═══ Records provided

-- ===== src/Runtime.antt =====
-- crates/santi-runtime: what the services share, in standalone mode. The state is the store, the
-- keys that are held, the events that were published, and what was sent to the caller of a send.
pub mod Watch
pub mod Channel
pub mod Memory
pub mod MemoryExamples
pub mod Compacts
pub mod Compacted
pub mod Writing
pub mod Compacting
pub mod CompactExamples
pub mod Forking
pub mod Reforking
pub mod Handoff
pub mod Finishing
pub mod Handed
pub mod HandoffExamples
pub mod HookRuntime
pub mod HookRecords
pub mod Calls
pub mod Query
pub mod Projection
pub mod Examples
use santi.Base.{String, List, [], ◌∷◌, ◌++◌}
use santi.Base.Texts.{format}
use santi.Base.Exec.{Exec, Result, ok, err, map_err}
use santi.Model.Error.{LockError}
use santi.Lock.{LockGuard, acquire, release}
use santi.Store.{Db}
use santi.Runtime.Watch.{SessionWatchEvent}
use santi.Runtime.Channel.{SendSessionError, SendSessionEvent}

pub record World : Type 0 where
  pub db : Db
  pub held : List String
  pub published : List (String × SessionWatchEvent)
  pub sent : List (Result SendSessionError SendSessionEvent)

abbrev pub after_call : {F E A : Type 0} → (F → E) → World → Result F A × Db → Result E A × World
after_call f w (r, db') = (map_err f r, record w { db = db' })

-- A call of a port, its error mapped by `f`.
abbrev pub call : {F E A : Type 0} → (F → E) → Exec Db F A → Exec World E A
call f m w = after_call f w (m w.db)

abbrev pub after_lock_call :
    {E A : Type 0} → (LockError → E) → World → Result LockError A × List String → Result E A × World
after_lock_call f w (r, held') = (map_err f r, record w { held = held' })

abbrev pub lock_call :
    {E A : Type 0} → (LockError → E) → Exec (List String) LockError A → Exec World E A
lock_call f m w = after_lock_call f w (m w.held)

-- `SessionWatchHub::publish`.
unfoldable pub publish : {E : Type 0} → String → SessionWatchEvent → Exec World E (Unit {0})
publish session_id event w =
    (ok tt, record w { published = w.published ++ (session_id, event) ∷ [] })

unfoldable pub send_key : String → String
unfolding format
send_key session_id = format ("lock:session_send:" ∷ session_id ∷ [])
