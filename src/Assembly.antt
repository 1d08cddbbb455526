-- ===== src/Assembly.antt =====
-- What a provider is sent: crates/santi-core/src/service/session/kernel/transcript.rs and
-- crates/santi-runtime/src/session/send/assembly.rs.
pub mod Ranges
pub mod Hidden
pub mod Input
pub mod Examples
use santi.Base.{
  ℕ, suc, String, Bool, ◌&&◌, not, true, false, Option, none, some, List, [], ◌∷◌, map, any, filter,
  filter_map, leb, ltb, ◌==◌, if◌then◌else◌,
}
use santi.Base.Texts.{format, join, is_blank, decimal}
use santi.Model.Message.{ActorType, account, soul, system, MessagePart, text, image}
use santi.Model.Session.{SessionMessage, Compact, AssemblyTarget, AssemblyItem}

pub record ProviderInputMessage : Type 0 where
  pub role : String
  pub content : String

abbrev pub role_of : ActorType → String
role_of account = "user"
role_of soul = "assistant"
role_of system = "system"

abbrev text_part : MessagePart → Option String
text_part (text s) = some s
text_part (image mime_type data_base64) = none

-- The text parts of a message, joined.
unfoldable pub content_of : SessionMessage → String
unfolding join
content_of m = join "\n\n" (filter_map text_part m.message.content.parts)

unfoldable pub to_input_message : SessionMessage → Option ProviderInputMessage
to_input_message m =
    if is_blank (content_of m)
    then none
    else some (record { role = role_of m.message.actor_type; content = content_of m })

unfoldable pub compact_to_input_message : Compact → Option ProviderInputMessage
unfolding format decimal
compact_to_input_message c =
    if is_blank c.summary
    then none
    else some (record {
      role = "system";
      content = format (
          "[compact "
          ∷ decimal c.start_session_seq
          ∷ "-"
          ∷ decimal c.end_session_seq
          ∷ "]\n"
          ∷ c.summary
          ∷ []);
    })

-- `iter().enumerate()`, from a number on.
abbrev pub enumerate {ℓ} : {A : Type ℓ} → ℕ → List A → List (ℕ × A)
enumerate k [] = []
enumerate k (x ∷ xs) = (k, x) ∷ enumerate (suc k) xs

-- The place of a compact among the items, and the range of `session_seq` that it sums up.
pub record Range : Type 0 where
  pub index : ℕ
  pub start : ℕ
  pub end : ℕ

abbrev pub target_range : ℕ → AssemblyTarget → Option Range
target_range index (AssemblyTarget.compact c) =
    some (record { index = index; start = c.start_session_seq; end = c.end_session_seq })
target_range index _ = none

abbrev pub item_range : ℕ × AssemblyItem → Option Range
item_range (index, item) = target_range index item.target

unfoldable pub compact_ranges : List AssemblyItem → List Range
compact_ranges items = filter_map item_range (enumerate 0 items)

-- A later range that holds this one whole.
abbrev pub replaces : Range → Range → Bool
replaces r other = ltb r.index other.index && (leb other.start r.start && leb r.end other.end)

unfoldable pub effective_ranges : List Range → List Range
effective_ranges ranges = filter (λ r. not (any (replaces r) ranges)) ranges

unfoldable pub effective_compact_indexes : List AssemblyItem → List ℕ
unfolding compact_ranges effective_ranges
effective_compact_indexes items = map (λ r. r.index) (effective_ranges (compact_ranges items))

-- `BTreeSet::contains`.
abbrev pub contains : List ℕ → ℕ → Bool
contains indexes k = any (◌==◌ k) indexes

abbrev pub target_covers : ℕ → AssemblyTarget → Bool
target_covers seq (AssemblyTarget.compact c) =
    leb c.start_session_seq seq && leb seq c.end_session_seq
target_covers seq _ = false

unfoldable pub message_is_compacted : ℕ → List AssemblyItem → List ℕ → Bool
message_is_compacted seq items indexes =
    any (λ (index, item). if contains indexes index then target_covers seq item.target else false)
      (enumerate 0 items)

-- What one item contributes, given all items and the compacts that count.
unfoldable pub target_input :
    List AssemblyItem → List ℕ → ℕ → AssemblyTarget → Option ProviderInputMessage
target_input items indexes index (AssemblyTarget.message m) =
    if message_is_compacted m.relation.session_seq items indexes then none else to_input_message m
target_input items indexes index (AssemblyTarget.compact c) =
    if contains indexes index then compact_to_input_message c else none
target_input items indexes index _ = none

unfoldable pub assembly_to_provider_input : List AssemblyItem → List ProviderInputMessage
unfolding target_input effective_compact_indexes message_is_compacted
assembly_to_provider_input items =
    filter_map
      (λ (index, item). target_input items (effective_compact_indexes items) index item.target)
      (enumerate 0 items)
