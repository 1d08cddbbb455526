-- ===== src/Model/Provider.antt =====
-- crates/santi-core/src/port/provider.rs: what a provider is asked and what it answers.
use santi.Base.{String, Option, List}
use santi.Model.Json.{Value}
use santi.Assembly.{ProviderInputMessage}

pub record FunctionCallOutput : Type 0 where
  pub call_id : String
  pub output : String

pub record ProviderFunctionTool : Type 0 where
  pub name : String
  pub description : String
  pub parameters : Value

pub data ProviderTool : Type 0 where
  function : ProviderFunctionTool → ProviderTool

pub record ProviderRequest : Type 0 where
  pub model : String
  pub instructions : Option String
  pub input : List ProviderInputMessage
  pub tools : Option (List ProviderTool)
  pub previous_response_id : Option String
  pub function_call_outputs : Option (List FunctionCallOutput)

pub record ProviderFunctionCall : Type 0 where
  pub response_id : String
  pub item_id : Option String
  pub call_id : String
  pub name : String
  pub arguments_raw : String
  pub arguments : Value

pub data ProviderEvent : Type 0 where
  output_text_delta : String → ProviderEvent
  function_call_requested : ProviderFunctionCall → ProviderEvent
  completed : Option String → ProviderEvent
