-- ===== src/Store/Mapping.antt =====
-- crates/santi-db/src/adapter/standalone/session_store/mapping.rs.
use santi.Base.{String, Option, none, some, List, [], ◌∷◌, str_eq, if◌then◌else◌}
use santi.Base.Texts.{join}
use santi.Base.Exec.{Result, ok, err, and_then}
use santi.Model.Error.{Error, invalid_input}
use santi.Model.Message.{
  ActorType, account, soul, system, MessageState, pending, fixed, MessagePart, text, image,
  MessageContent,
}
use santi.Model.Session.{SessionMessage}
use santi.Store.{MessageRow}

abbrev pub option_map : {A B : Type 0} → (A → B) → Option A → Option B
option_map f none = none
option_map f (some a) = some (f a)

unfoldable pub actor_type : String → ActorType
actor_type raw = if str_eq raw "soul" then soul else if str_eq raw "system" then system else account

unfoldable pub actor_type_db : ActorType → String
actor_type_db account = "account"
actor_type_db soul = "soul"
actor_type_db system = "system"

unfoldable pub message_state : String → MessageState
message_state raw = if str_eq raw "fixed" then fixed else pending

unfoldable pub state_db : MessageState → String
state_db pending = "pending"
state_db fixed = "fixed"

abbrev pub text_content : String → MessageContent
text_content s = record { parts = text s ∷ [] }

abbrev pub content_from : Option MessageContent → String → MessageContent
content_from (some c) content_text = c
content_from none content_text = text_content content_text

unfoldable pub map_session_message_row : MessageRow → SessionMessage
unfolding actor_type message_state
map_session_message_row row = record {
  relation = record {
    session_id = row.session_id;
    message_id = row.id;
    session_seq = row.session_seq;
    created_at = row.created_at;
  };
  message = record {
    id = row.id;
    actor_type = actor_type row.actor_type;
    actor_id = row.actor_id;
    content = content_from row.content_json row.content_text;
    state = message_state row.state;
    version = row.version;
    deleted_at = none;
    created_at = row.created_at;
    updated_at = row.updated_at;
  };
}

-- The texts of the parts; an image is refused.
unfoldable pub part_texts : List MessagePart → Result Error (List String)
part_texts [] = ok []
part_texts (text s ∷ parts) = and_then (part_texts parts) λ ss. ok (s ∷ ss)
part_texts (image mime_type data_base64 ∷ parts) =
    err (invalid_input "standalone stim message lifecycle supports text parts only")

unfoldable pub content_to_text : MessageContent → Result Error String
unfolding part_texts join
content_to_text c = and_then (part_texts c.parts) λ ss. ok (join "\n\n" ss)
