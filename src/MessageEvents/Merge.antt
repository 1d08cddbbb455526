-- ===== src/MessageEvents/Merge.antt =====
-- crates/santi-db/src/message_events.rs, `merge_message_part`, and the derived JSON form of
-- `MessagePart` in crates/santi-core/src/model/message.rs.
use santi.Base.{String, ◌≡◌, refl, Option, none, some, str_eq, if◌then◌else◌}
use santi.Base.Exec.{Result, ok, ok_or, and_then}
use santi.Model.Json.{Value, Fields, object, end, field, get, insert, as_object, as_str}
use santi.Model.Json
use santi.Model.Error.{Error, invalid_input}
use santi.Model.Message.{MessagePart, text, image}

-- `serde_json::to_value` of a part: tagged by "type", which always gives an object.
unfoldable pub to_fields : MessagePart → Fields
to_fields (text s) = field "type" (Json.text "text") (field "text" (Json.text s) end)
to_fields (image mime_type data_base64) =
    field "type" (Json.text "image")
      (field "mime_type" (Json.text mime_type) (field "data_base64" (Json.text data_base64) end))

abbrev text_field : String → Fields → Option String
text_field k m = elim (get k m) [ none ↦ none | some v ↦ as_str v ]

abbrev image_of : Option String → Option String → Option MessagePart
image_of (some mime_type) (some data_base64) = some (image mime_type data_base64)
image_of _ _ = none

abbrev text_of : Option String → Option MessagePart
text_of (some s) = some (text s)
text_of none = none

abbrev part_of : Option String → Fields → Option MessagePart
part_of none m = none
part_of (some tag) m =
    if str_eq tag "text"
    then text_of (text_field "text" m)
    else if str_eq tag "image"
    then image_of (text_field "mime_type" m) (text_field "data_base64" m)
    else none

-- `serde_json::from_value` of a part: keys that the tag does not know are passed over.
unfoldable pub from_fields : Fields → Option MessagePart
unfolding get
from_fields m = part_of (text_field "type" m) m

-- Every key of the second object is put into the first.
unfoldable pub merge_json_object : Fields → Fields → Fields
unfolding insert
merge_json_object base end = base
merge_json_object base (field key value merge) = merge_json_object (insert key value base) merge

unfoldable pub merge_message_part : MessagePart → Value → Result Error MessagePart
unfolding to_fields merge_json_object from_fields
merge_message_part part merge =
    and_then (ok_or (as_object merge) (invalid_input "patch merge must be an object"))
      λ merge_object.
        ok_or (from_fields (merge_json_object (to_fields part) merge_object))
          (invalid_input "patch produced invalid message part")

-- A patch with the whole JSON form of a part replaces any part by it, also one of the other type.
pub merge-to_fields : (p q : MessagePart) → merge_message_part p (object (to_fields q)) ≡ ok q
unfolding merge_message_part
merge-to_fields (text s) (text t) = refl
merge-to_fields (text s) (image m d) = refl
merge-to_fields (image n e) (text t) = refl
merge-to_fields (image n e) (image m d) = refl
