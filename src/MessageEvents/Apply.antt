-- ===== src/MessageEvents/Apply.antt =====
-- crates/santi-db/src/message_events.rs, `apply_message_event`.
use santi.Base.{
  ℕ, zero, suc, ◌+◌, ◌-◌, ◌%◌, ◌^◌, String, Bool, ◌||◌, not, true, false, Option, none, some, List,
  [], ◌∷◌, str_eq, length, insert_at, remove_at, leb, ltb, ◌==◌, if◌then◌else◌,
}
use santi.Base.Int.{ℤ, pos, negsuc, leb_ℤ, eq_ℤ, decimal_ℤ}
use santi.Base.Texts.{format}
use santi.Base.Exec.{Result, ok, err, and_then}
use santi.Model.Error.{Error, invalid_input}
use santi.Model.Message.{
  ActorType, Message, MessagePart, MessagePartPatch, MessageInsertItem, MessageEventPayload, patch,
  insert, remove, fix, delete, fixed, eq_actor, is_fixed,
}
use santi.MessageEvents.Merge.{merge_message_part}

-- `valid_index`: `raw < 0 || raw as usize >= len` is refused.
unfoldable pub valid_index : ℕ → ℤ → String → Result Error ℕ
valid_index len (pos i) action =
    if leb len i
    then err (invalid_input (format (action ∷ " index out of bounds: " ∷ decimal_ℤ (pos i) ∷ [])))
    else ok i
valid_index len (negsuc i) action =
    err (invalid_input (format (action ∷ " index out of bounds: " ∷ decimal_ℤ (negsuc i) ∷ [])))

-- `valid_insert_index`: one more place is allowed, the end.
unfoldable pub valid_insert_index : ℕ → ℤ → Result Error ℕ
valid_insert_index len (pos i) =
    if ltb len i
    then err (invalid_input (format ("insert index out of bounds: " ∷ decimal_ℤ (pos i) ∷ [])))
    else ok i
valid_insert_index len (negsuc i) =
    err (invalid_input (format ("insert index out of bounds: " ∷ decimal_ℤ (negsuc i) ∷ [])))

-- `parts[index] = merge_message_part(&parts[index], merge)?` at an index in range.
unfoldable pub patch_at : List MessagePart → ℕ → MessagePartPatch → Result Error (List MessagePart)
patch_at [] i p = ok []
patch_at (x ∷ xs) zero p = and_then (merge_message_part x p.merge) λ y. ok (y ∷ xs)
patch_at (x ∷ xs) (suc i) p = and_then (patch_at xs i p) λ ys. ok (x ∷ ys)

unfoldable pub apply_patches :
    List MessagePart → List MessagePartPatch → Result Error (List MessagePart)
unfolding valid_index patch_at
apply_patches parts [] = ok parts
apply_patches parts (p ∷ ps) =
    and_then (valid_index (length parts) p.index "patch")
      λ i. and_then (patch_at parts i p) λ parts'. apply_patches parts' ps

-- `sort_by_key(|item| item.index)`, a stable sort.
unfoldable pub sort_item : MessageInsertItem → List MessageInsertItem → List MessageInsertItem
sort_item x [] = x ∷ []
sort_item x (y ∷ ys) = if leb_ℤ x.index y.index then x ∷ y ∷ ys else y ∷ sort_item x ys

unfoldable pub sort_items : List MessageInsertItem → List MessageInsertItem
unfolding sort_item
sort_items [] = []
sort_items (x ∷ xs) = sort_item x (sort_items xs)

unfoldable pub insert_items :
    List MessagePart → List MessageInsertItem → Result Error (List MessagePart)
unfolding valid_insert_index
insert_items parts [] = ok parts
insert_items parts (item ∷ items) =
    and_then (valid_insert_index (length parts) item.index)
      λ i. insert_items (insert_at parts i item.part) items

-- `sort_unstable` and `dedup`: of equal indexes one is kept.
unfoldable pub sort_index : ℤ → List ℤ → List ℤ
sort_index x [] = x ∷ []
sort_index x (y ∷ ys) =
    if eq_ℤ x y then y ∷ ys else if leb_ℤ x y then x ∷ y ∷ ys else y ∷ sort_index x ys

unfoldable pub unique_indexes : List ℤ → List ℤ
unfolding sort_index
unique_indexes [] = []
unique_indexes (x ∷ xs) = sort_index x (unique_indexes xs)

-- Every index is checked before the first part is removed.
unfoldable pub valid_indexes : ℕ → List ℤ → Result Error (List ℕ)
unfolding valid_index
valid_indexes len [] = ok []
valid_indexes len (x ∷ xs) =
    and_then (valid_index len x "remove") λ i. and_then (valid_indexes len xs) λ is. ok (i ∷ is)

-- `for index in unique_indexes.into_iter().rev() { parts.remove(index) }`.
unfoldable pub remove_rev : List ℕ → List MessagePart → List MessagePart
remove_rev [] parts = parts
remove_rev (i ∷ is) parts = remove_at (remove_rev is parts) i

unfoldable pub remove_parts : List MessagePart → List ℤ → Result Error (List MessagePart)
unfolding unique_indexes valid_indexes remove_rev
remove_parts parts indexes =
    and_then (valid_indexes (length parts) (unique_indexes indexes)) λ is. ok (remove_rev is parts)

abbrev with_parts : Message → List MessagePart → Message
with_parts m parts = record m { content = record { parts = parts } }

-- The match on the payload.
unfoldable pub apply_payload : Message → MessageEventPayload → Result Error Message
unfolding apply_patches sort_items insert_items remove_parts
apply_payload m (patch patches) =
    and_then (apply_patches m.content.parts patches) λ parts. ok (with_parts m parts)
apply_payload m (insert items) =
    and_then (insert_items m.content.parts (sort_items items)) λ parts. ok (with_parts m parts)
apply_payload m (remove indexes) =
    and_then (remove_parts m.content.parts indexes) λ parts. ok (with_parts m parts)
apply_payload m fix = ok (record m { state = fixed })
apply_payload m (delete reason) = ok (record m { deleted_at = some "" })

abbrev is_some {ℓ} : {A : Type ℓ} → Option A → Bool
is_some none = false
is_some (some a) = true

-- `message.version += 1` on the bit pattern of an `i64`.
abbrev pub next_version : ℕ → ℕ
next_version v = (v + 1) % 2 ^ 64

-- The `i64` of a bit pattern.
abbrev pub to_ℤ : ℕ → ℤ
to_ℤ v = if ltb v (2 ^ 63) then pos v else negsuc (2 ^ 64 - 1 - v)

unfoldable pub version_mismatch : ℕ → ℕ → String
version_mismatch version base_version = format (
    "message version mismatch: expected "
    ∷ decimal_ℤ (to_ℤ version)
    ∷ ", got "
    ∷ decimal_ℤ (to_ℤ base_version)
    ∷ [])

unfoldable pub apply_message_event :
    Message → ActorType → String → ℕ → MessageEventPayload → Result Error Message
apply_message_event m actor_type actor_id base_version payload =
    if not (eq_actor m.actor_type actor_type) || not (str_eq m.actor_id actor_id)
    then err (invalid_input "only the original actor may mutate a message")
    else if not (m.version == base_version)
    then err (invalid_input (version_mismatch m.version base_version))
    else if is_some m.deleted_at
    then err (invalid_input "deleted messages cannot be mutated")
    else if is_fixed m.state
    then err (invalid_input "fixed messages cannot be mutated")
    else and_then (apply_payload m payload)
        λ m'. ok (record m' { version = next_version m'.version })
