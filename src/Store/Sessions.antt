-- ===== src/Store/Sessions.antt =====
-- crates/santi-db/src/adapter/standalone/session_store.rs.
use santi.Base.{
  ℕ, ◌+◌, String, Bool, ◌&&◌, ◌||◌, not, Option, none, some, List, [], ◌∷◌, ◌++◌, map, max, str_eq,
  any, filter, find_by, update_where, last?, leb, ◌==◌, if◌then◌else◌,
}
use santi.Base.Exec.{Exec, Result, ok, err, pure, lift, ok_or, ◌>>=◌, ◌>>◌}
use santi.Model.Error.{Error, not_found, internal}
use santi.Model.Message.{ActorType, MessageState, MessageContent, Message, MessageEventPayload}
use santi.Model.Session.{Session, SessionMessage}
use santi.MessageEvents.Apply.{apply_message_event}
use santi.Store.{Db, SessionRow, MessageRow}
use santi.Store.Mapping.{
  actor_type_db, state_db, text_content, map_session_message_row, content_to_text, option_map,
}

abbrev pub has_id : String → SessionRow → Bool
has_id id row = str_eq row.id id

abbrev session_of : SessionRow → Session
session_of row = record {
  id = row.id;
  parent_session_id = row.parent_session_id;
  fork_point = row.fork_point;
  created_at = row.created_at;
  updated_at = row.updated_at;
}

unfoldable pub get_session : String → Exec Db Error (Option Session)
get_session session_id s = (ok (option_map session_of (find_by (has_id session_id) s.sessions)), s)

-- The primary key refuses a second row with the id. `expect` on the row that was just inserted
-- cannot fail; a panic is an internal error here.
unfoldable pub create_session : String → Exec Db Error Session
unfolding get_session
create_session session_id s =
    if any (has_id session_id) s.sessions
    then (err (internal "session create failed"), s)
    else (do found ← get_session session_id; lift (ok_or found (internal "just inserted session")))
        (record s { sessions = s.sessions ++ row ∷ [] })
  where
    row : SessionRow
    row = record {
      id = session_id;
      parent_session_id = none;
      fork_point = none;
      session_memory = "";
      created_at = s.now;
      updated_at = s.now;
    }

-- The id, the memory and the time of its change.
abbrev pub MemoryRow : Type 0
MemoryRow = String × String × String

unfoldable pub get_session_memory : String → Exec Db Error (Option MemoryRow)
get_session_memory session_id s = (
  ok (
      option_map (λ row. (row.id, row.session_memory, row.updated_at))
        (find_by (has_id session_id) s.sessions)),
  s,
)

unfoldable pub set_session_memory : String → String → Exec Db Error (Option MemoryRow)
unfolding get_session_memory
set_session_memory session_id memory s =
    if any (has_id session_id) s.sessions
    then get_session_memory session_id (record s {
      sessions =
          update_where (has_id session_id)
            (λ row. record row { session_memory = memory; updated_at = s.now }) s.sessions;
    })
    else (ok none, s)

-- ORDER BY session_seq ASC, created_at ASC; no two rows of a session have the same number.
unfoldable pub order_row : MessageRow → List MessageRow → List MessageRow
order_row x [] = x ∷ []
order_row x (y ∷ ys) = if leb x.session_seq y.session_seq then x ∷ y ∷ ys else y ∷ order_row x ys

unfoldable pub order_rows : List MessageRow → List MessageRow
unfolding order_row
order_rows [] = []
order_rows (x ∷ xs) = order_row x (order_rows xs)

abbrev pub in_session : String → MessageRow → Bool
in_session session_id row = str_eq row.session_id session_id

unfoldable pub session_rows : String → Db → List MessageRow
unfolding order_rows
session_rows session_id s = order_rows (filter (in_session session_id) s.session_messages)

-- The second argument of the port, `after_session_seq`, is not looked at.
unfoldable pub list_messages : String → Option ℕ → Exec Db Error (List SessionMessage)
unfolding session_rows map_session_message_row
list_messages session_id after_session_seq s =
    (ok (map map_session_message_row (session_rows session_id s)), s)

abbrev pub has_message_id : String → MessageRow → Bool
has_message_id message_id row = str_eq row.id message_id

unfoldable pub get_message : String → Exec Db Error (Option SessionMessage)
unfolding map_session_message_row
get_message message_id s = (
  ok (option_map map_session_message_row (find_by (has_message_id message_id) s.session_messages)),
  s,
)

-- COALESCE(MAX(session_seq), 0) over the rows of one session.
unfoldable pub max_seq : String → List MessageRow → ℕ
max_seq session_id [] = 0
max_seq session_id (row ∷ rows) =
    let rest = max_seq session_id rows in
    if in_session session_id row then max row.session_seq rest else rest

-- The primary key and UNIQUE(session_id, session_seq).
abbrev pub conflicts : String → String → ℕ → MessageRow → Bool
conflicts id session_id seq row =
    str_eq row.id id || (str_eq row.session_id session_id && row.session_seq == seq)

unfoldable pub new_row :
    Db → String → String → ActorType → String → String → MessageState → MessageRow
unfolding max_seq actor_type_db state_db
new_row s session_id message_id actor actor_id content_text state = record {
  id = message_id;
  session_id = session_id;
  session_seq = max_seq session_id s.session_messages + 1;
  actor_type = actor_type_db actor;
  actor_id = actor_id;
  content_text = content_text;
  content_json = some (text_content content_text);
  state = state_db state;
  version = 1;
  created_at = s.now;
  updated_at = s.now;
}

unfoldable pub append_text_message :
    String
    → String
    → ActorType
    → String
    → String
    → MessageState
    → Exec Db Error (Option SessionMessage)
unfolding new_row list_messages
append_text_message session_id message_id actor actor_id content_text state s =
    let row = new_row s session_id message_id actor actor_id content_text state in
    if not (any (has_id session_id) s.sessions)
    then (ok none, s)
    else if any (conflicts message_id session_id row.session_seq) s.session_messages
    then (err (internal "session message append failed"), s)
    else (do messages ← list_messages session_id none; pure (last? messages))
        (record s { session_messages = s.session_messages ++ row ∷ [] })

pub record AppendSessionMessage : Type 0 where
  pub session_id : String
  pub message_id : String
  pub actor_type : ActorType
  pub actor_id : String
  pub content : MessageContent
  pub state : MessageState

unfoldable pub append_message : AppendSessionMessage → Exec Db Error SessionMessage
unfolding append_text_message content_to_text
append_message input = do
  content_text ← lift (content_to_text input.content)
  appended ←
      append_text_message input.session_id input.message_id input.actor_type input.actor_id
        content_text input.state
  lift (ok_or appended (not_found "session"))

pub record ApplyMessageEvent : Type 0 where
  pub session_id : String
  pub message_id : String
  pub actor_type : ActorType
  pub actor_id : String
  pub base_version : ℕ
  pub payload : MessageEventPayload

abbrev pub save_message : Db → String → Message → MessageRow → MessageRow
save_message s content_text m row = record row {
  content_text = content_text;
  content_json = some m.content;
  state = state_db m.state;
  version = m.version;
  updated_at = s.now;
}

unfoldable pub update_message : String → Message → String → Exec Db Error (Unit {0})
unfolding state_db
update_message message_id m content_text s = (
  ok tt,
  record s {
    session_messages =
        update_where (has_message_id message_id) (save_message s content_text m) s.session_messages;
  },
)

abbrev same_session : SessionMessage → String → Result Error (Unit {0})
same_session m session_id =
    if str_eq m.relation.session_id session_id then ok tt else err (not_found "message")

unfoldable pub store_message_event : ApplyMessageEvent → Exec Db Error SessionMessage
unfolding get_message content_to_text update_message
store_message_event input = do
  found ← get_message input.message_id
  current ← lift (ok_or found (not_found "message"))
  lift (same_session current input.session_id)
  updated ← lift (
      apply_message_event current.message input.actor_type input.actor_id input.base_version
        input.payload)
  content_text ← lift (content_to_text updated.content)
  update_message input.message_id updated content_text
  again ← get_message input.message_id
  lift (ok_or again (not_found "message"))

══════

**Work task**.
The output should be exactly the lines above from the line containing "content_of m = join" to the line containing "abbrev pub replaces : Range → Range → Bool", inclusive, with no other lines.

**Task response**.
content_of m = join "\n\n" (filter_map text_part m.message.content.parts)

unfoldable pub to_input_message : SessionMessage → Option ProviderInputMessage
to_input_message m =
    if is_blank (content_of m)
    then none
    else some (record { role = role_of m.message.actor_type; content = content_of m })

unfoldable pub compact_to_input_message : Compact → Option ProviderInputMessage
unfolding format decimal
compact_to_input_message c =
    if is_blank c.summary
    then none
    else some (record {
      role = "system";
      content = format (
          "[compact "
          ∷ decimal c.start_session_seq
          ∷ "-"
          ∷ decimal c.end_session_seq
          ∷ "]\n"
          ∷ c.summary
          ∷ []);
    })

-- `iter().enumerate()`, from a number on.
abbrev pub enumerate {ℓ} : {A : Type ℓ} → ℕ → List A → List (ℕ × A)
enumerate k [] = []
enumerate k (x ∷ xs) = (k, x) ∷ enumerate (suc k) xs

-- The place of a compact among the items, and the range of `session_seq` that it sums up.
pub record Range : Type 0 where
  pub index : ℕ
  pub start : ℕ
  pub end : ℕ

abbrev pub target_range : ℕ → AssemblyTarget → Option Range
target_range index (AssemblyTarget.compact c) =
    some (record { index = index; start = c.start_session_seq; end = c.end_session_seq })
target_range index _ = none

abbrev pub item_range : ℕ × AssemblyItem → Option Range
item_range (index, item) = target_range index item.target

unfoldable pub compact_ranges : List AssemblyItem → List Range
compact_ranges items = filter_map item_range (enumerate 0 items)

-- A later range that holds this one whole.
abbrev pub replaces : Range → Range → Bool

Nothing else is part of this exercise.